Ladies and Gents, thought I would share some notes on how I swapped the JDM F23A for the F23A4 (ULEV) in a 99 accord. Hope the info is useful.

My experience with the 98 thru 02 F23A4 (ULEV engine) has not been good. I have had 3 ULEV engines fail internally resulting in "chocolate milkshake" coolant, that is engine oil in the coolant (you can also have strawberry milkshake coolant). I have not had coolant in the oil however. In general my experience is this is not a head gasket failure, although on at least one engine the head gasket also failed. The oil in coolant failure for the F23A4 is believed due to the block cracking in the vicinity of an oil galley, and the oil pressure being higher than the coolant pressure forces oil into the coolant system. I suspect there is a region of the block that is cast too thin and/or porous and thermal stress cycling eventually causes the crack to develop, I have tried to find the crack and have been unsuccessful... The failure might be near a head bolt hole, thus a region of stress concentration. Whatever the reason they fail for me at around 150k miles.

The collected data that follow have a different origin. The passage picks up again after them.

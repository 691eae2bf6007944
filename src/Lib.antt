-- ===== src/Lib.antt =====
-- git-on-cloudflare, a Git server on Cloudflare Workers: the logic of one repository.
--
-- A repository is a Durable Object (src/worker/do/repo). Its key-value storage holds refs, HEAD,
-- versions, leases and operations, and its SQLite table `pack_catalog` lists the packs that stand
-- in object storage. A receive-pack request brings commands on refs and a pack: the commands are
-- checked against the refs, the pack is activated and the commands are applied. Compaction merges
-- packs: it takes a lease, is handed a plan, builds the new pack elsewhere and commits under a
-- fence. An alarm wakes the object for what is pending. A pack is a sequence of entries, each with
-- a header.
--
-- Base (tests, lists, a stable sort, texts) is what the parts share. A text is the list of its
-- UTF-16 units.
--
-- Refs: src/worker/git/operations/validation.ts. `isValidRefName`, `validateReceiveCommands` and
-- `applyReceiveCommands` are the functions of the same names. A JavaScript `Map` is the list of its
-- entries in insertion order, since the code writes that order back to storage. Refs/Names is about
-- names, Refs/Entries about that map, Refs/Commands about the commands, and Refs/Replay about
-- applying them a second time, which is what recovery after a crash does.
--
-- Repo: src/worker/do/repo. Repo/State is the storage (repoState.ts, db/schema.ts) as one record;
-- an operation takes it and returns the new one with its answer. Repo/Catalog is the table
-- (db/dal/packCatalog.ts), Repo/Shared and Repo/Activity the helpers of catalog/shared.ts,
-- catalog/activity.ts, nativeReceiveActivity.ts and catalog/gcCoordination.ts, and Repo/Scheduler
-- the alarm (scheduler.ts). The time and tokens are arguments. Where one call reads the time
-- several times, the argument is a function from the number of the reading to the time.
--
-- Compaction: src/worker/do/repo/catalog/compaction. Compaction/Plan is the choice of packs
-- (plan.ts), Compaction/Lease the lease (lease.ts, and `abortCompactionLease` of
-- catalog/leases.ts), Compaction/Commit the commit under a fence (lease.ts), Compaction/Cycle a
-- whole pass, and Compaction/Requests what an operator asks for (requests.ts). An operation is one
-- run without others in between, as the object's input gates make it, and what another operation
-- did before is in the state that it starts from. Logging and the texts of messages are left out.
--
-- Receive: src/worker/do/repo/catalog/receive.ts. `finalizeReceiveState` stores an intent before it
-- publishes anything, so that a crash can be recovered from. Receive/Finalize is the fence in front
-- of it, the checks and the intent; Receive/Publication the activation of the pack, the transaction
-- that moves the refs and `advanceGcReceiveVersions` of catalog/gcCoordination.ts; Receive/Outcomes
-- the kept outcomes and the steps from the intent to the answer; Receive/Request is the function as
-- a whole, and Receive/Reconcile `reconcileReceiveState` and `resumeReceiveFinalizeFromAlarm`, which
-- call it. A crash is a state between two steps: what a step wrote stays, and a transaction happens
-- whole or not at all. While packs are inspected for garbage collection other calls may run, and
-- what they do to the state is a parameter of the run. Receives without accepted-write facts,
-- ingestion receipts and digests of their output are modelled. Receive/Leases is catalog/leases.ts:
-- the transaction of `beginReceiveLease` that admits a receive, and giving leases back.
--
-- Gc: garbage collection, the work that replaces packs by one with the objects that can be reached.
-- Its stored operation moves from phase to phase, and workers claim it in turn. Gc/Operation is its
-- registration, the claims and the alarm (src/worker/do/repo/catalog/gcOperation.ts), Gc/Progress
-- the reports `recordGcProgress` of a worker, Gc/Publication the transaction `commitCoordinatedGc`
-- (catalog/gcPublication.ts) and `replaceActivePackCatalog` (db/dal/packCatalog.ts), Gc/Request
-- `commitGcOperation`, by which a worker asks for that publication, with
-- `recordReachabilityGcPendingState` (catalog/reachabilityGc.ts), Gc/Discard `gcDiscardKeys`, and
-- Gc/Protection what a receive does against it (catalog/gcCoordination.ts). Each function is one
-- transaction, but for `commitGcOperation`, which runs three in turn and answers `none` for
-- operations without a coordination; a parameter says where storage throws within the publication,
-- which rolls it back. Gc/Steps lists what can happen to the stored operation: these transactions,
-- those of a receive, and whatever leaves it alone. Gc/Change says what each does to the operation,
-- Gc/Diagram is the abstract diagram of phases, Gc/Invariant what a well-formed operation is, and
-- the other files are on one subject each: Gc/Lifecycle, Gc/Merged, Gc/Committed, Gc/Kept, Gc/Retained,
-- Gc/Completes, Gc/Fencing, Gc/Expiry, Gc/Accounts. Measurements, the options of qualification runs
-- and the injected faults are left out. What the inspection of packs' metadata finds for a receive
-- is a parameter, since it reads object storage.
--
-- Pack: Pack/Header is the header of a pack entry (src/worker/git/pack/packMeta.ts, and
-- `encodeObjHeader` of src/worker/git/core/objects.ts), with the bit operations of Pack/Bits. The
-- loops that shift a number run on fuel: five groups of seven bits are enough for 32 bits, and
-- every theorem on them says that a result is found.
--
-- The modules named Examples apply the theorems to concrete values.
--
-- Not modelled: the older way to commit a collection, which only operations without a coordination
-- take, and the other functions of catalog/reachabilityGc.ts (the lease of a collection, its pending
-- output after a crash, and the list of superseded packs); the pool of receives in preparation, the
-- containers and the queues (stockReceiveAuthority.ts and nativeReceive.ts of do/repo, and
-- git/nativeReceive), which mostly call a Go process and object storage; packet lines, object
-- parsing, deltas and pack indexes, which work on streams of bytes and share no state with the parts
-- above; an operator's calls that set refs and HEAD (src/worker/do/repo/refs.ts); the routes,
-- sign-in and user interface. Alarm calls may throw where a parameter says so; storage calls are
-- taken to succeed.
pub mod Base
pub mod Refs
pub mod Repo
pub mod Compaction
pub mod Receive
pub mod Gc
pub mod Pack
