-- ===== src/Compaction.antt =====
-- Compaction of the pack catalog: src/worker/do/repo/catalog/compaction.
pub mod Plan
pub mod Lease
pub mod Commit
pub mod Cycle
pub mod Requests
mod Examples
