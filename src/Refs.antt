-- ===== src/Refs.antt =====
-- src/worker/git/operations/validation.ts: ref names, and the commands of a receive-pack request.
-- A JavaScript `Map` from ref names to object ids is the list of its entries in insertion order.
pub mod Entries
pub mod Names
pub mod Commands
pub mod Replay
mod Examples
use git_on_cloudflare.Base.{
  ℕ, Bool, true, false, not, ◌&&◌, ◌||◌, List, [], ◌∷◌, map, Option, none, some, Text, codes,
  text_eq, starts_with, includes, ends_with, to_lower_case, leb, ◌==◌, if◌then◌else◌, length, every,
  any,
}

pub record Ref : Type 0 where
  pub name : Text
  pub oid : Text

pub record ReceiveCommand : Type 0 where
  pub old_oid : Text
  pub new_oid : Text
  pub ref : Text

pub record ReceiveStatus : Type 0 where
  pub ref : Text
  pub ok : Bool
  pub msg : Option Text

-- `Map.get`, `Map.set` and `Map.delete`. A key that is set again keeps its place.
unfoldable pub map_get : Text → List Ref → Option Text
map_get k [] = none
map_get k (r ∷ rs) = if text_eq r.name k then some r.oid else map_get k rs

unfoldable pub map_set : Text → Text → List Ref → List Ref
map_set k v [] = record { name = k; oid = v } ∷ []
map_set k v (r ∷ rs) =
    let rest = map_set k v rs in
    if text_eq r.name k then record { name = r.name; oid = v } ∷ rs else r ∷ rest

unfoldable pub map_delete : Text → List Ref → List Ref
map_delete k [] = []
map_delete k (r ∷ rs) = let rest = map_delete k rs in if text_eq r.name k then rest else r ∷ rest

-- `new Map(entries)`.
unfoldable pub map_onto : List Ref → List Ref → List Ref
map_onto m [] = m
map_onto m (r ∷ rs) = map_onto (map_set r.name r.oid m) rs

unfoldable pub map_of : List Ref → List Ref
unfolding map_onto
map_of refs = map_onto [] refs

-- `/^0{40}$/i`.
unfoldable pub is_zero : Text → Bool
is_zero oid = length oid == 40 && every (λ c. c == 48) oid

-- `/[\x00-\x20~^:?*\[]/`.
unfoldable pub is_forbidden : ℕ → Bool
is_forbidden c =
    leb c 0x20 || c == b'~' || c == b'^' || c == b':' || c == b'?' || c == b'*' || c == b'['

-- `name.split("/")`: the part before the first slash, and those after it.
unfoldable pub split_slash : Text → Text × List Text
split_slash [] = ([], [])
split_slash (c ∷ s) =
    let (part, parts) = split_slash s in if c == b'/' then ([], part ∷ parts) else (c ∷ part, parts)

unfoldable pub components : Text → List Text
unfolding split_slash
components s = let (part, parts) = split_slash s in part ∷ parts

unfoldable pub is_valid_ref_name : Text → Bool
is_valid_ref_name [] = false
is_valid_ref_name (c ∷ s) =
    let name = c ∷ s in
    if text_eq name (codes "HEAD")
    then false
    else if not (starts_with name (codes "refs/"))
    then false
    else if any is_forbidden name
    then false
    else if includes name (codes "//") || starts_with name (codes "/") || ends_with name (codes "/")
    then false
    else if any (λ part. text_eq part (codes ".") || text_eq part (codes "..")) (components name)
    then false
    else if ends_with name (codes ".") || ends_with name (codes ".lock")
    then false
    else if includes name (codes "@{")
    then false
    else if includes name (codes "\\")
    then false
    else true

abbrev status_ok : Text → ReceiveStatus
status_ok ref = record { ref = ref; ok = true; msg = none }

abbrev status_failed : Text → Text → ReceiveStatus
status_failed ref msg = record { ref = ref; ok = false; msg = some msg }

-- `if (!current)`: a missing entry, and an empty object id.
abbrev pub present : Option Text → Option Text
present none = none
present (some []) = none
present (some (c ∷ s)) = some (c ∷ s)

unfoldable pub same_oid : Text → Text → Bool
unfolding text_eq to_lower_case
same_oid a b = text_eq (to_lower_case a) (to_lower_case b)

-- One round of the loop of `validateReceiveCommands`.
unfoldable pub validate_command : List Ref → ReceiveCommand → ReceiveStatus
validate_command ref_map command =
    if is_zero command.new_oid
    then elim (present (map_get command.ref ref_map)) [
      | none ↦ status_failed command.ref (codes "no such ref")
      | some current ↦
          if not (same_oid current command.old_oid)
          then status_failed command.ref (codes "stale old-oid")
          else status_ok command.ref
    ]
    else elim (present (map_get command.ref ref_map)) [
      | none ↦
          if not (is_zero command.old_oid)
          then status_failed command.ref (codes "expected zero old-oid")
          else status_ok command.ref
      | some current ↦
          if not (same_oid current command.old_oid)
          then status_failed command.ref (codes "stale old-oid")
          else status_ok command.ref
    ]

unfoldable pub validate_receive_commands : List Ref → List ReceiveCommand → List ReceiveStatus
validate_receive_commands current_refs commands =
    map (validate_command (map_of current_refs)) commands

-- One round of the loop of `applyReceiveCommands`, and the loop.
unfoldable pub apply_command : List Ref → ReceiveCommand → List Ref
apply_command ref_map command =
    if is_zero command.new_oid
    then map_delete command.ref ref_map
    else map_set command.ref command.new_oid ref_map

unfoldable pub apply_commands : List Ref → List ReceiveCommand → List Ref
apply_commands ref_map [] = ref_map
apply_commands ref_map (c ∷ cs) = apply_commands (apply_command ref_map c) cs

unfoldable pub apply_receive_commands : List Ref → List ReceiveCommand → List Ref
apply_receive_commands current_refs commands = apply_commands (map_of current_refs) commands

So this time, being the glutton for punishment that I am, I opted for a F23A JDM engine to install in a 99 Accord LX 4DR F23A4 (ULEV). In reality I tinker on stuff. I got the engine from one of the northern Virginia JDM engine shops, the three that I know of are all pretty much the same in terms of inventory and price. I had them do a compression test, 180 psi on all the cylinders, I looked at the dip stick (clean), inside the oil cap (no coolant or crud) and cam cover (no sludge evident) and looked for oil in the heater hoses, thermostat outlet and head inlet (nothing slimy feeling, smelling like oil or bloated hoses). You should pull the EGR and see if there is heavy carbon build up, I didnt do that. Also pulled the pcv hose to see if its clogged. Another tip is to buy or borrow a 9mm or smaller snake camera and look inside the cylinders for excessive carbon, wall scoring and valve/piston impact. I think the reason there are so many engines available is the japanese fail engines due to hydrocarbon emissions being too high and leaks, i'll bet in a significant number of cases its due to the pcv being stuck and the cam cover leaking a little, i.e. wont pass the white glove inspection...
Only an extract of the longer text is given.